- **WHAT THIS TASK INVOLVES**
Exactly as written, give again the line with "get_col decrypt old" and all subsequent lines through the end of the records.

Saved data entries:
○ ○ ○
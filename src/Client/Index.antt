-- ===== src/Client/Index.antt =====
-- The first equality index end to end: rows that `Put` has written to a server, and what the
-- server returns for the tokens of `Search`.
use asiaccs.Base.{ℕ, suc, ◌+◌, ◌≤◌, ◌<◌}
use asiaccs.Base.{◌≡◌, refl, sym, ap, ◌∙◌, ◌≢◌, inl, inr, arith}
use asiaccs.Base.{Bool, true, false, some, List, [], ◌∷◌, ◌++◌}
use asiaccs.Base.{ltb, leb, ◌==◌, if◌then◌else◌, Bool-cases}
use asiaccs.Base.{length}
use asiaccs.Base.{tabulate}
use asiaccs.Base.{Outcome, ok}
use asiaccs.Base.{tabulate_congr}
use mathlib.Core.Bool.{true≢false}
use asiaccs.Fastore.Platform.{Platform}
use asiaccs.Proxy.Services.{Bytes, Backend, equal_bytes, concat}
use asiaccs.Proxy.{at_counter, equal_search_1, fetch, proxy_put}
use asiaccs.Proxy.Search.{HasEntries, equal_search_1-matched, equal_bytes_refl, equal_bytes_eq}
use asiaccs.Client.{Keys, bump, trapdoor, equal_v1_entry, max_tdvalue_size}
use asiaccs.Client.Put.{PutFlags, put_equal_v1, put_on, Session, demo_server_num}
use asiaccs.Client.Log.{
  Row, bump_next, Apart, Stored, put_row, put_row-Stored, repeat, repeat-keeps,
}

abbrev pub only_v1 : PutFlags
only_v1 = record {
  column_index = false;
  equal_index_v1 = true;
  equal_index_v2 = false;
  ore_index = false;
}

module _ ⦃b : Backend⦄ (keys : Keys) (table col : Bytes) (rows : ℕ → Row)
    (encrypt : Bytes → Bytes → Bytes) where
  abbrev pub place : ℕ → Bytes
  place i = at_counter (b.hmac keys.pk6 (table ++ col)) i

  abbrev pub tag : Bytes → ℕ → Bytes
  tag v i = at_counter (b.hmac keys.pk7 ((table ++ col) ++ v)) i

  abbrev pub label : ℕ → Bytes
  label i = trapdoor keys table (rows i).key col

  abbrev pub cipher : ℕ → Bytes
  cipher i = encrypt keys.pk5 (rows i).val

  -- The entry of a row.
  abbrev pub IsEntry : ℕ → Bytes → Type 0
  IsEntry i e = e ≡ tag (rows i).val i ++ label i

  -- The first `n` rows fit the buffer of the client, their ciphertexts are not empty, and the digests
  -- that name their places and labels do not collide.
  pub record NoClash (n : ℕ) : Type 0 where
    pub names : Apart place label cipher n
    pub short : (i : ℕ) → i < n → length (table ++ col) + length (rows i).val ≤ max_tdvalue_size
    pub full : (i : ℕ) → i < n → length (cipher i) ≢ 0

  -- The first `m` of `n` rows are on a server that has counters.
  pub record Written (id n m : ℕ) (session : Session) : Type 0 where
    pub same_keys : session.0.keys ≡ keys
    pub known : id < demo_server_num
    pub counter : session.0.equal_v1_counter id (table ++ col) ≡ m
    pub log : Stored place label cipher IsEntry n m session.1

  -- The session after a row.
  abbrev next_session : ℕ → ℕ → Session → Session
  next_session id m (client, s) = (
    record client { equal_v1_counter = bump client.equal_v1_counter id (table ++ col) },
    put_row place label cipher s m (tag (rows m).val m ++ label m),
  )

  put_on-next :
      ⦃p : Platform⦄ (allocated : Bool) (id n m : ℕ) (session : Session)
      → NoClash n
      → m < n
      → Written id n m session
      → put_on encrypt allocated id only_v1 table (rows m).key col (rows m).val session
        ≡ ok (next_session id m session)
  unfolding put_on put_equal_v1 equal_v1_entry proxy_put
  put_on-next allocated id n m (client, s) clash h w =
      let fits : leb (length (table ++ col) + length (rows m).val) max_tdvalue_size ≡ true =
        ground (arith, clash.short m h) in
      let counted : ltb id demo_server_num ≡ true = ground (arith, w.known) in
      rw (w.same_keys, w.counter, counted, fits) refl

  next_session-Written :
      (id n m : ℕ) (session : Session)
      → NoClash n
      → m < n
      → Written id n m session
      → Written id n (suc m) (next_session id m session)
  next_session-Written id n m (client, s) clash h w = record {
    same_keys = w.same_keys;
    known = w.known;
    counter =
        bump_next client.equal_v1_counter id m (table ++ col) w.counter
          (omega (arith, clash.names.few, h));
    log = put_row-Stored place label cipher IsEntry n m s _ clash.names h refl w.log;
  }

  -- Rows put one after the other on one server.
  abbrev pub put_rows : ⦃p : Platform⦄ → Bool → ℕ → ℕ → Session → Outcome Session
  put_rows allocated id n =
      repeat (λ m. put_on encrypt allocated id only_v1 table (rows m).key col (rows m).val) n 0

  put_rows-Written :
      ⦃p : Platform⦄ (allocated : Bool) (id n : ℕ) (session : Session)
      → NoClash n
      → Written id n 0 session
      → (done : Session) × (put_rows allocated id n session ≡ ok done) × Written id n n done
  put_rows-Written allocated id n session clash w =
      repeat-keeps (λ m. put_on encrypt allocated id only_v1 table (rows m).key col (rows m).val)
        (Written id n) n n 0 session
        (λ m r h v. (
          next_session id m r,
          put_on-next allocated id n m r clash h v,
          next_session-Written id n m r clash h v,
        ))
        (omega arith) w

  Written-HasEntries :
      (id n : ℕ) (session : Session)
      → NoClash n
      → Written id n n session
      → HasEntries session.1 (b.hmac keys.pk6 (table ++ col)) (λ i. tag (rows i).val i) label n
  unfolding trapdoor
  Written-HasEntries id n session clash w = record {
    few = clash.names.few;
    tag_length = λ i. b.hmac_length _ _;
    td_length = λ i. b.hmac_length _ _;
    entry = λ i h. (w.log.entry i h).1 ∙ (w.log.entry i h).2;
    last = w.log.free n (omega arith) (omega arith);
  }

  -- What row `i` adds to the result of a search for `q`.
  abbrev pub answer : Bytes → ℕ → List Bytes
  answer q i = if equal_bytes (rows i).val q then cipher i ∷ [] else []

  -- Tags of different values differ at the counter of a row.
  abbrev pub TellsApart : ℕ → Bytes → Type 0
  TellsApart n q = (i : ℕ) → i < n → tag q i ≡ tag (rows i).val i → (rows i).val ≡ q

  -- Start with the index of the column and its counter empty and put `n` rows, indexed for equality
  -- by the first strategy, whose digests do not collide: all are put, and for the tokens of a search
  -- for `q`, whose tags differ from those of other values, and more fuel than rows, `EqualSearch1`
  -- ends and returns the ciphertexts of exactly the rows whose value is `q`, in the order of the puts.
  pub put_rows-equal_search_1 :
      ⦃p : Platform⦄ (allocated : Bool) (id n fuel : ℕ) (session : Session) (q : Bytes)
      → NoClash n
      → Written id n 0 session
      → TellsApart n q
      → n < fuel
      → (done : Session) × (put_rows allocated id n session ≡ ok done)
        × (equal_search_1 fuel done.1
              (b.hmac keys.pk6 (table ++ col))
              (b.hmac keys.pk7 ((table ++ col) ++ q))
            ≡ ok (some (concat (tabulate n 0 (answer q)))))
  put_rows-equal_search_1 allocated id n fuel session q clash empty tells enough =
      let (done, runs, w) = put_rows-Written allocated id n session clash empty in
      let entries = Written-HasEntries id n done clash w in
      (
        done,
        runs,
        equal_search_1-matched done.1 (b.hmac keys.pk6 (table ++ col)) (λ i. tag (rows i).val i)
              label n entries fuel (b.hmac keys.pk7 ((table ++ col) ++ q)) enough
            ∙ ap (λ l. ok (some (concat l)))
                (tabulate_congr n 0 _ (answer q)
                  (λ i a h. same_answer done w i (omega (arith, h)))),
      )
    where
      same_answer :
          (done : Session)
          → Written id n n done
          → (i : ℕ) → i < n
          → (if equal_bytes (tag q i) (tag (rows i).val i) then fetch done.1 (label i) else [])
            ≡ answer q i
      same_answer done w i h = elim (Bool-cases (equal_bytes (rows i).val q)) [
        | inl e ↦
            let same = equal_bytes_eq (rows i).val q e in
            let tags : equal_bytes (tag q i) (tag (rows i).val i) ≡ true =
              ap (λ v. equal_bytes (tag q i) (tag v i)) same ∙ equal_bytes_refl (tag q i) in
            let long : (length (cipher i) == 0) ≡ false = ground (arith, clash.full i h) in
            rw (tags, e, w.log.stored i h, long) refl
        | inr e ↦ elim (Bool-cases (equal_bytes (tag q i) (tag (rows i).val i))) [
          | inl t ↦
              let same = tells i h (equal_bytes_eq (tag q i) (tag (rows i).val i) t) in
              absurd (true≢false (sym (ap (λ v. equal_bytes v q) same ∙ equal_bytes_refl q) ∙ e))
          | inr t ↦ rw (t, e) refl
        ]
      ]
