-- ===== src/Proxy/Order.antt =====
-- Proxy/TProxy.cpp: `OrderSearch`, with the helper that it makes for one search.
pub mod Loop
use asiaccs.Base.{ℕ, zero, suc, ◌+◌, ◌-◌}
use asiaccs.Base.{Bool, true, false, Option, none, some, List, [], ◌∷◌}
use asiaccs.Base.{leb, ◌==◌, if◌then◌else◌}
use asiaccs.Base.{u32, length}
use asiaccs.Base.{Outcome, ok, fault, ◌>>=◌, ◌>>◌, require}
use asiaccs.Fastore.Platform.{Platform, Block}
use asiaccs.Fastore.Ore.{Malloc}
use asiaccs.Fastore.Ore.Compare.{Answer, one, nought, minus_one}
use asiaccs.Fastore.Helper.{OreHelper, helper_init, compare_ore}
use asiaccs.Proxy.Services.{Bytes, Backend, substr}
use asiaccs.Proxy.{at_counter, fetch, add_found, digest_length}

-- `1 == CompareORE(...)`; to read an answer that was not written is a fault.
unfoldable pub says_yes : Option Answer → Outcome Bool
says_yes none = fault
says_yes (some one) = ok true
says_yes (some nought) = ok false
says_yes (some minus_one) = ok false

module _ ⦃b : Backend⦄ ⦃p : Platform⦄ where
  -- What a round finds, or nothing at the end, with the helper after it.
  unfoldable pub order_round :
      b.Store → Bytes → Bytes → ℕ → OreHelper → Outcome (Option (List Bytes) × OreHelper)
  unfolding says_yes
  order_round s index_trapdoor order_left c h =
      let index_val = b.pool_get s (at_counter index_trapdoor c) in
      let found = (do
        require (leb digest_length (length index_val))
        right ← substr index_val digest_length (length index_val - digest_length)
        compared ← compare_ore h order_left right c
        in_order ← says_yes compared.0
        let hit = substr index_val 0 digest_length >>= λ t. ok (some (fetch s t), compared.1)
        if in_order then hit else ok (some [], compared.1)) in
      if length index_val == 0 then ok (none, h) else found

  -- `while (true)` with the counter from `c` on, for at most `fuel` rounds.
  unfoldable pub order_loop :
      b.Store → Bytes → Bytes → (fuel : ℕ) → ℕ → OreHelper → Outcome (Option (List Bytes))
  order_loop s index_trapdoor order_left zero c h = ok none
  order_loop s index_trapdoor order_left (suc fuel) c h =
      order_round s index_trapdoor order_left c h >>= λ r. elim r.0 [
        | none ↦ ok (some [])
        | some out ↦ order_loop s index_trapdoor order_left fuel (u32 (c + 1)) r.1 >>= λ more.
            ok (add_found out more)
      ]

  -- The main key of the helper on the proxy is "A". `blank` is the helper before `Init`.
  unfoldable pub order_search :
      Malloc → Block → OreHelper → ℕ → ℕ → b.Store → Bytes → Bytes → Outcome (Option (List Bytes))
  unfolding order_loop
  order_search malloc middle blank block_size fuel s index_trapdoor order_left =
      helper_init malloc middle (65 ∷ []) block_size blank
      >>= order_loop s index_trapdoor order_left fuel 0
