-- ===== src/Client/Lookup.antt =====
-- Client/ClientCpp.cpp: `Get` and the searches on the encrypted indexes.
use asiaccs.Base.{ℕ, zero, suc, ◌+◌}
use asiaccs.Base.{Bool, Option, none, some, List, [], ◌++◌}
use asiaccs.Base.{leb, ◌==◌, if◌then◌else◌}
use asiaccs.Base.{length}
use asiaccs.Base.{Outcome, ok, fault, ◌>>=◌, ◌>>◌, require}
use asiaccs.Proxy.Services.{Bytes, Backend}
use asiaccs.Proxy.{proxy_get, equal_search_1, equal_search_2}
use asiaccs.Client.Routing.{query}
use asiaccs.Fastore.Platform.{Platform, Block}
use asiaccs.Fastore.Ore.{Malloc}
use asiaccs.Proxy.Order.{order_search}
use asiaccs.Fastore.Helper.{OreHelper, create_left}
use asiaccs.Client.Put.{max_ore_left}
use asiaccs.Base.{◌/◌, map}
use asiaccs.Proxy.{proxy_get_column}
use asiaccs.Client.{ClientCpp, Keys, get_route, trapdoor, max_tdvalue_size}

module _ ⦃b : Backend⦄ where
  -- `Get`: an empty answer leaves the result as it was.
  unfoldable pub get :
      (Bytes → Bytes → Bytes)
      → Bytes
      → Bytes
      → Bytes
      → Bytes
      → ClientCpp
      → (ℕ → b.Store)
      → Outcome Bytes
  unfolding trapdoor
  get decrypt old table key col client servers = do
    let td = trapdoor client.keys table key col
    id ← elim (query client.ring (get_route td)) [ none ↦ fault | some node ↦ ok node ]
    let ret = proxy_get (servers id) td
    ok (if length ret == 0 then old else decrypt client.keys.pk5 ret)

  -- What `Search` sends to each proxy: where the index is, and what to compare with.
  unfoldable pub search_tokens : Keys → Bytes → Bytes → Bytes → Bool → Outcome (Bytes × Bytes)
  search_tokens keys table col val index_v2 = do
    require (leb (length (table ++ col) + length val) max_tdvalue_size)
    let v1 : Bytes × Bytes =
        (b.hmac keys.pk6 (table ++ col), b.hmac keys.pk7 ((table ++ col) ++ val))
    let v2 : Bytes × Bytes =
        (b.hmac keys.pk8 ((table ++ col) ++ val), b.hmac keys.pk9 ((table ++ col) ++ val))
    ok (if index_v2 then v2 else v1)

  -- The answers of the proxies in turn, put together.
  unfoldable pub ask_all :
      (ℕ → Outcome (Option (List Bytes))) → (left : ℕ) → ℕ → Outcome (Option (List Bytes))
  ask_all ask zero id = ok (some [])
  ask_all ask (suc left) id =
      let rest = ask_all ask left (suc id) in
      ask id >>= elim [
        | none ↦ ok none
        | some found ↦ rest >>= elim [ none ↦ ok none | some more ↦ ok (some (found ++ more)) ]
      ]

  -- `Search`, with the number of the results. The proxies get `fuel` rounds each.
  unfoldable pub search :
      ℕ → ClientCpp → (ℕ → b.Store) → Bytes → Bytes → Bytes → Bool → Outcome (Option ℕ)
  unfolding search_tokens ask_all
  search fuel client servers table col val index_v2 = do
    (index_trapdoor, index_val) ← search_tokens client.keys table col val index_v2
    let one_server = λ (id : ℕ).
        if index_v2
        then equal_search_2 fuel (servers id) index_trapdoor index_val
        else equal_search_1 fuel (servers id) index_trapdoor index_val
    found ← ask_all one_server (length client.ring.nodes) 0
    ok (elim found [ none ↦ none | some all ↦ some (length all) ])

  -- `RangeQuery`, with the number of the results, to which the order of the proxies does not matter. Each
  -- proxy makes its helper from `malloc`, `middle` and `blank` for its own block size.
  unfoldable pub range_query :
      ⦃p : Platform⦄
      → Malloc
      → Block
      → OreHelper
      → ℕ
      → ℕ
      → ClientCpp
      → (ℕ → b.Store)
      → Bytes
      → Bytes
      → Bool
      → ℕ
      → Outcome (Option ℕ × ClientCpp)
  unfolding ask_all
  range_query malloc middle blank block_size fuel client servers table col above val = do
    made ← create_left client.ore_helper max_ore_left above table col val
    let one_server = λ (id : ℕ).
        order_search malloc middle blank block_size fuel (servers id)
          (b.hmac client.keys.pk10 (table ++ col)) made.0
    found ← ask_all one_server (length client.ring.nodes) 0
    ok (
      elim found [ none ↦ none | some all ↦ some (length all) ],
      record client { ore_helper = made.1 },
    )

  -- The columns of the proxies in turn, each in front of the ones before.
  unfoldable pub all_columns :
      (ℕ → Outcome (List Bytes)) → (left : ℕ) → ℕ → List Bytes → Outcome (List Bytes)
  all_columns ask zero id found = ok found
  all_columns ask (suc left) id found =
      ask id >>= λ column. all_columns ask left (suc id) (column ++ found)

  -- `GetCol`: each proxy is asked for its share of the number. The plaintexts go behind the ones that the caller has.
  unfoldable pub get_col :
      (Bytes → Bytes → Bytes)
      → List Bytes
      → Bytes
      → Bytes
      → ℕ
      → ClientCpp
      → (ℕ → b.Store)
      → Outcome (List Bytes)
  unfolding all_columns
  get_col decrypt old table col num client servers = do
    let count = length client.ring.nodes
    let share = num / count
    let one_server = λ (id : ℕ).
        proxy_get_column (servers id) (b.hmac client.keys.pk3 (table ++ col))
          (b.hmac client.keys.pk4 (table ++ col)) share
    found ← all_columns one_server count 0 []
    ok (old ++ map (decrypt client.keys.pk5) found)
○ ○ ○
- **RESULT OF THIS TASK**
  get_col decrypt old table col num client servers = do
    let count = length client.ring.nodes
    let share = num / count
    let one_server = λ (id : ℕ).
        proxy_get_column (servers id) (b.hmac client.keys.pk3 (table ++ col))
          (b.hmac client.keys.pk4 (table ++ col)) share
    found ← all_columns one_server count 0 []
    ok (old ++ map (decrypt client.keys.pk5) found)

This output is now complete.